* **INPUT**
■ ■ ■ ■

-- ===== src/Frame/RoundTrip.antt =====
-- src/frame.c: what the put functions write, the read functions return.
use beaver_mq.Prelude.{
  ℕ, ◌%◌, ◌^◌, ◌≤◌, ◌<◌, ◌≡◌, refl, sym, ap, ◌∙◌, Bool, true, false, some, List, [], ◌∷◌, ◌++◌,
  Bytes, length, append_assoc, append-nil, take, take_append, map, All, ltb, if◌then◌else◌, arith,
}
use beaver_mq.Frame.Reader.{reader_init, read_shortstr, read_longstr, reader_remaining}
use beaver_mq.Frame.Buffer.{Buf, buf_init, put_u8, put_u32, put_shortstr_n, put_longstr}
use beaver_mq.Frame.Capacity.{
  Appends, Appends-refl, Appends-trans, IsValid, put_u8-Appends, put_u16-Appends, put_u32-Appends,
  put_u64-Appends, put_bytes-Appends,
}
use beaver_mq.Frame.Codec.{
  Field, u8, u16, u32, u64, shortstr, longstr, shape, InRange, wire, wire_all, wire32, put_field,
  put_fields, read_field, read_fields,
}
use beaver_mq.Frame.Cursor.{
  at_rest, read_u8-at_rest, read_u16-at_rest, read_u32-at_rest, read_u64-at_rest, text_after,
}

take_all : (s : Bytes) → take (length s) s ≡ s
take_all s = ap (take (length s)) (sym (append-nil s)) ∙ take_append s []

module _ (alloc : ℕ → Bool) where
  put_shortstr_n-Appends :
      (b : Buf) (s : Bytes)
      → length s ≤ 255
      → Appends alloc b (length s ∷ s) (put_shortstr_n alloc b s)
  unfolding put_shortstr_n
  put_shortstr_n-Appends b s h =
      let whole : (if ltb 255 (length s) then 255 else length s) ≡ length s = ground arith in
      rw (whole, take_all s)
        (Appends-trans (length s ∷ []) s (put_u8-Appends alloc b (length s))
          (put_bytes-Appends alloc (put_u8 alloc b (length s)) s (omega arith)))

  put_longstr-Appends :
      (b : Buf) (s : Bytes)
      → length s < 2 ^ 32
      → Appends alloc b (wire32 (length s) ++ s) (put_longstr alloc b s)
  unfolding put_longstr
  put_longstr-Appends b s h =
      let whole : length s % 2 ^ 32 ≡ length s = omega arith in
      rw whole (
        Appends-trans (wire32 (length s)) s (put_u32-Appends alloc b (length s))
          (put_bytes-Appends alloc (put_u32 alloc b (length s)) s (omega arith)))

  pub put_field-Appends :
      (b : Buf) (f : Field) → InRange f → Appends alloc b (wire f) (put_field alloc b f)
  unfolding put_field
  put_field-Appends b (u8 v) h = put_u8-Appends alloc b v
  put_field-Appends b (u16 v) h = put_u16-Appends alloc b v
  put_field-Appends b (u32 v) h = put_u32-Appends alloc b v
  put_field-Appends b (u64 v) h = put_u64-Appends alloc b v
  put_field-Appends b (shortstr s) h = put_shortstr_n-Appends b s h
  put_field-Appends b (longstr s) h = put_longstr-Appends b s h

  pub put_fields-Appends :
      (b : Buf) (fs : List Field)
      → All InRange fs
      → Appends alloc b (wire_all fs) (put_fields alloc b fs)
  unfolding put_fields
  put_fields-Appends b [] h = Appends-refl b
  put_fields-Appends b (f ∷ fs) h =
      Appends-trans (wire f) (wire_all fs) (put_field-Appends b f h.0)
        (put_fields-Appends (put_field alloc b f) fs h.1)

module _ (pre rest : Bytes) where
  read_field-at_rest :
      (f : Field)
      → InRange f
      → length (pre ++ (wire f ++ rest)) < 2 ^ 64
      → read_field (shape f) (at_rest pre (wire f ++ rest)) ≡ (some f, at_rest (pre ++ wire f) rest)
  unfolding read_field
  read_field-at_rest (u8 v) h l = rw (read_u8-at_rest pre rest v l)
  read_field-at_rest (u16 v) h l = rw (read_u16-at_rest pre rest v h l)
  read_field-at_rest (u32 v) h l = rw (read_u32-at_rest pre rest v h l)
  read_field-at_rest (u64 v) h l = rw (read_u64-at_rest pre rest v h l)
  read_field-at_rest (shortstr s) h l =
      unfold read_shortstr in
      rw (read_u8-at_rest pre (s ++ rest) (length s) l, text_after pre (length s ∷ []) s rest l)
  read_field-at_rest (longstr s) h l =
      unfold read_longstr in
      rw (
        read_u32-at_rest pre (s ++ rest) (length s) h l,
        text_after pre (wire32 (length s)) s rest l,
      )

read_fields-at_rest :
    (pre : Bytes) (fs : List Field)
    → All InRange fs
    → length (pre ++ wire_all fs) < 2 ^ 64
    → read_fields (map shape fs) (at_rest pre (wire_all fs))
      ≡ (map some fs, at_rest (pre ++ wire_all fs) [])
unfolding read_fields
read_fields-at_rest pre [] h l = rw (append-nil pre, append-nil pre)
read_fields-at_rest pre (f ∷ fs) h l = rw (
  read_field-at_rest pre (wire_all fs) f h.0 l,
  read_fields-at_rest (pre ++ wire f) fs h.1 (rw (append_assoc pre (wire f) (wire_all fs)) l),
  append_assoc pre (wire f) (wire_all fs),
)

IsValid-init : IsValid buf_init
IsValid-init = record { fits = omega arith; small = omega arith }

module _ (alloc : ℕ → Bool) (fs : List Field) (ranges : All InRange fs) where
  -- Fields in range, written to a fresh buffer: the buffer ends without an error if every request
  -- to the allocator is granted and the encoding is shorter than 2 ^ 64 bytes. It then holds exactly
  -- the wire format of the fields, within its capacity.
  pub put_fields_lem :
      ((n : ℕ) → alloc n ≡ true)
      → length (wire_all fs) < 2 ^ 64
      → let b = put_fields alloc buf_init fs in
        (b.error ≡ false) × (b.bytes ≡ wire_all fs) × (length b.bytes ≤ b.cap)
  put_fields_lem grants small =
      let w = put_fields-Appends alloc buf_init fs ranges in
      let e = w.succeeds grants refl IsValid-init (omega arith) in
      (e, (w.written e).1, (w.valid IsValid-init).fits)

  -- Fields in range that were written to a fresh buffer without an error, whatever the allocator
  -- refused, are read back: the reads of the same shapes return every field, with no error, and leave
  -- nothing over.
  pub read_fields-put_fields :
      (put_fields alloc buf_init fs).error ≡ false
      → length (wire_all fs) < 2 ^ 64
      → let b = put_fields alloc buf_init fs in
        let (got, r) = read_fields (map shape fs) (reader_init b.bytes (length b.bytes)) in
        (got ≡ map some fs) × (r.error ≡ false) × (reader_remaining r ≡ 0)
  unfolding reader_init reader_remaining
  read_fields-put_fields e small =
      rw
        (
          ((put_fields-Appends alloc buf_init fs ranges).written e).1,
          read_fields-at_rest [] fs ranges small,
        )
        (refl, refl, rw (append-nil (wire_all fs)) (ground arith))
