-- ===== src/Frame/Write.antt =====
-- src/frame.c: bmqp_frame_write, and frames built in place by bmqp_frame_begin and bmqp_frame_finish.
use beaver_mq.Prelude.{
  ℕ, ◌+◌, ◌-◌, ◌/◌, ◌%◌, ◌^◌, ◌≤◌, ◌<◌, ◌≡◌, refl, sym, ap, ◌∙◌, Bool, false, List, [], ◌∷◌, ◌++◌,
  Bytes, length, length-append, append_assoc, set-append, All, ltb, arith,
}
use beaver_mq.Frame.Buffer.{Buf, buf_init, put_u8, put_u16, put_u32, put_bytes}
use beaver_mq.Frame.Capacity.{
  Appends, Appends-trans, put_u8-Appends, put_u16-Appends, put_u32-Appends, put_bytes-Appends,
}
use beaver_mq.Frame.Codec.{Field, InRange, wire_all, wire32, put_fields}
use beaver_mq.Frame.RoundTrip.{put_fields-Appends}
use beaver_mq.Frame.Parse.{head_bytes, frame_bytes, frame_parse-frame_bytes}
use beaver_mq.Frame.Envelope.{
  frame, frame_end, max_frame_payload, frame_parse, frame_write, frame_begin, frame_finish,
  patch_len,
}

module _ (alloc : ℕ → Bool) (out : Buf) (type channel : ℕ) where
  frame_write-Appends :
      (payload : Bytes)
      → length payload < 2 ^ 32
      → Appends alloc out
          (frame_bytes type channel payload)
          (frame_write alloc out type channel payload)
  unfolding frame_write
  frame_write-Appends payload h =
      let whole : length payload % 2 ^ 32 ≡ length payload = omega arith in
      let b1 = put_u8 alloc out type in
      let b2 = put_u16 alloc b1 channel in
      let b3 = put_u32 alloc b2 (length payload) in
      let b4 = put_bytes alloc b3 payload in
      rw whole (
        Appends-trans (type ∷ []) _ (put_u8-Appends alloc out type) (
          Appends-trans (_ ∷ _ ∷ []) _ (put_u16-Appends alloc b1 channel) (
            Appends-trans (wire32 (length payload)) _ (put_u32-Appends alloc b2 (length payload)) (
              Appends-trans payload _ (put_bytes-Appends alloc b3 payload (omega arith))
                (put_u8-Appends alloc b4 frame_end)))))

  frame_begin-Appends :
      Appends alloc out (head_bytes type channel 0) (frame_begin alloc out type channel).0
  unfolding frame_begin
  frame_begin-Appends =
      let b1 = put_u8 alloc out type in
      let b2 = put_u16 alloc b1 channel in
      Appends-trans (type ∷ []) _ (put_u8-Appends alloc out type) (
        Appends-trans (_ ∷ _ ∷ []) _ (put_u16-Appends alloc b1 channel)
          (put_u32-Appends alloc b2 0))

-- The length field is written over the placeholder, and nothing else changes.
patch_lem :
    (pre payload : Bytes) (t c1 c2 n : ℕ)
    → patch_len (pre ++ t ∷ c1 ∷ c2 ∷ 0 ∷ 0 ∷ 0 ∷ 0 ∷ payload) (length pre + 3) n
      ≡ pre ++ t ∷ c1 ∷ c2 ∷ (wire32 n ++ payload)
patch_lem pre payload t c1 c2 n =
    let e1 : length pre + 3 + 1 ≡ length pre + 4 = omega arith in
    let e2 : length pre + 3 + 2 ≡ length pre + 5 = omega arith in
    let e3 : length pre + 3 + 3 ≡ length pre + 6 = omega arith in
    rw (e1, e2, e3, set-append, set-append, set-append, set-append)

finish-no_error :
    (alloc : ℕ → Bool) (c : Buf) (start : ℕ)
    → (frame_finish alloc c start).error ≡ false
    → c.error ≡ false
unfolding frame_finish
finish-no_error alloc c start e = ground arith

-- Without an error the length is patched and the end byte appended.
finish-put_u8 :
    (alloc : ℕ → Bool) (c : Buf) (start n : ℕ)
    → c.error ≡ false
    → (length c.bytes + 2 ^ 64 - start) % 2 ^ 64 ≡ n
    → n < 2 ^ 32
    → frame_finish alloc c start
      ≡ put_u8 alloc (record c { bytes = patch_len c.bytes (start - 4) n }) frame_end
unfolding frame_finish
finish-put_u8 alloc c start n e len h =
    let small : ltb 0xffff_ffff n ≡ false = ground arith in rw (e, len, small)

finish_lem :
    (alloc : ℕ → Bool) (c : Buf) (pre payload : Bytes) (t c1 c2 : ℕ)
    → c.bytes ≡ pre ++ t ∷ c1 ∷ c2 ∷ 0 ∷ 0 ∷ 0 ∷ 0 ∷ payload
    → length payload < 2 ^ 32
    → length c.bytes < 2 ^ 64
    → (frame_finish alloc c (length pre + 7)).error ≡ false
    → (frame_finish alloc c (length pre + 7)).bytes
      ≡ pre ++ t ∷ c1 ∷ c2 ∷ (wire32 (length payload) ++ (payload ++ frame_end ∷ []))
finish_lem alloc c pre payload t c1 c2 e h64 h e0 =
    let n = length payload in
    let all : length c.bytes ≡ length pre + (7 + n) =
      omega
        (arith, ap (length {A = ℕ}) e, length-append pre (t ∷ c1 ∷ c2 ∷ 0 ∷ 0 ∷ 0 ∷ 0 ∷ payload)) in
    let len : (length c.bytes + 2 ^ 64 - (length pre + 7)) % 2 ^ 64 ≡ n = omega arith in
    let put = finish-put_u8 alloc c (length pre + 7) n (finish-no_error alloc c _ e0) len h64 in
    let d : Buf = record c { bytes = patch_len c.bytes (length pre + 7 - 4) n } in
    let w = (put_u8-Appends alloc d frame_end).written (sym (ap Buf.error put) ∙ e0) in
    let lp : length pre + 7 - 4 ≡ length pre + 3 = omega arith in
    let patched : d.bytes ≡ pre ++ t ∷ c1 ∷ c2 ∷ (wire32 n ++ payload) =
      rw (lp, e) (patch_lem pre payload t c1 c2 n) in
    ap Buf.bytes put
    ∙ w.1
    ∙ ap (λ u. u ++ frame_end ∷ []) patched
    ∙ append_assoc pre (t ∷ c1 ∷ c2 ∷ (wire32 n ++ payload)) (frame_end ∷ [])

begin-start :
    (alloc : ℕ → Bool) (out : Buf) (type channel : ℕ)
    → let (b, start) = frame_begin alloc out type channel in start ≡ length b.bytes
unfolding frame_begin
begin-start alloc out type channel = refl

-- A frame built in place: begin, the payload's fields, finish.
abbrev pub in_place : (ℕ → Bool) → Buf → ℕ → ℕ → List Field → Buf
in_place alloc out type channel fs =
    let (b, start) = frame_begin alloc out type channel in
    frame_finish alloc (put_fields alloc b fs) start

module _ (alloc : ℕ → Bool) (out : Buf) (type channel : ℕ) (fs : List Field)
    (ranges : All InRange fs) (small : length (wire_all fs) < 2 ^ 32)
    (room : length out.bytes + length (wire_all fs) + 8 < 2 ^ 64) where
  -- A frame built in place, from begin over the fields of the payload, each in range, to finish: if
  -- the payload is shorter than 2 ^ 32 bytes, the whole shorter than 2 ^ 64, and the buffer has no
  -- error at the end, it holds what it held, and then exactly the frame of these fields with the
  -- length patched in.
  pub in_place_lem :
      (in_place alloc out type channel fs).error ≡ false
      → (in_place alloc out type channel fs).bytes
        ≡ out.bytes ++ frame_bytes type channel (wire_all fs)
  in_place_lem e =
      let b = (frame_begin alloc out type channel).0 in
      let c = put_fields alloc b fs in
      let ec = finish-no_error alloc c (frame_begin alloc out type channel).1 e in
      let (eb, wc) = (put_fields-Appends alloc b fs ranges).written ec in
      let wb = ((frame_begin-Appends alloc out type channel).written eb).1 in
      let bytes : c.bytes ≡ out.bytes ++ (head_bytes type channel 0 ++ wire_all fs) =
        wc
        ∙ ap (λ u. u ++ wire_all fs) wb
        ∙ append_assoc out.bytes (head_bytes type channel 0) (wire_all fs) in
      let long : length c.bytes < 2 ^ 64 = omega (
        arith,
        ap (length {A = ℕ}) bytes,
        length-append out.bytes (head_bytes type channel 0 ++ wire_all fs),
      ) in
      let start : (frame_begin alloc out type channel).1 ≡ length out.bytes + 7 =
        begin-start alloc out type channel
        ∙ ap (length {A = ℕ}) wb
        ∙ length-append out.bytes (head_bytes type channel 0) in
      rw start (
        finish_lem alloc c out.bytes (wire_all fs) type (channel / 2 ^ 8 % 256) (channel % 256)
          bytes small long (rw start at e))

module _ (alloc : ℕ → Bool) (type channel : ℕ) (payload rest : Bytes) (hc : channel < 2 ^ 16)
    (hl : length payload ≤ max_frame_payload) where
  -- A frame with a channel of 16 bits and a payload of at most 16 MiB, which bmqp_frame_write writes to a
  -- fresh buffer without an error, is parsed back whole, whatever bytes follow it: its type, its channel,
  -- its payload, and its length as the number consumed.
  pub frame_parse-frame_write :
      (frame_write alloc buf_init type channel payload).error ≡ false
      → frame_parse ((frame_write alloc buf_init type channel payload).bytes ++ rest)
        ≡ frame
            (record { type = type; channel = channel; payload_len = length payload })
            payload
            (length payload + 8)
  frame_parse-frame_write e =
      rw ((frame_write-Appends alloc buf_init type channel payload (omega arith)).written e).1
        (frame_parse-frame_bytes type channel payload hc hl rest)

■ ■ ■ ■

* **EXERCISE DIRECTIONS**
Please copy each line of the entries in which the word "unfolding" shows up.

* **REPLY**
  unfolding put_shortstr_n
  unfolding put_longstr
  unfolding put_field
  unfolding put_fields
  unfolding read_field
unfolding read_fields
  unfolding reader_init reader_remaining
  unfolding frame_write
  unfolding frame_begin
unfolding frame_finish
unfolding frame_finish
unfolding frame_begin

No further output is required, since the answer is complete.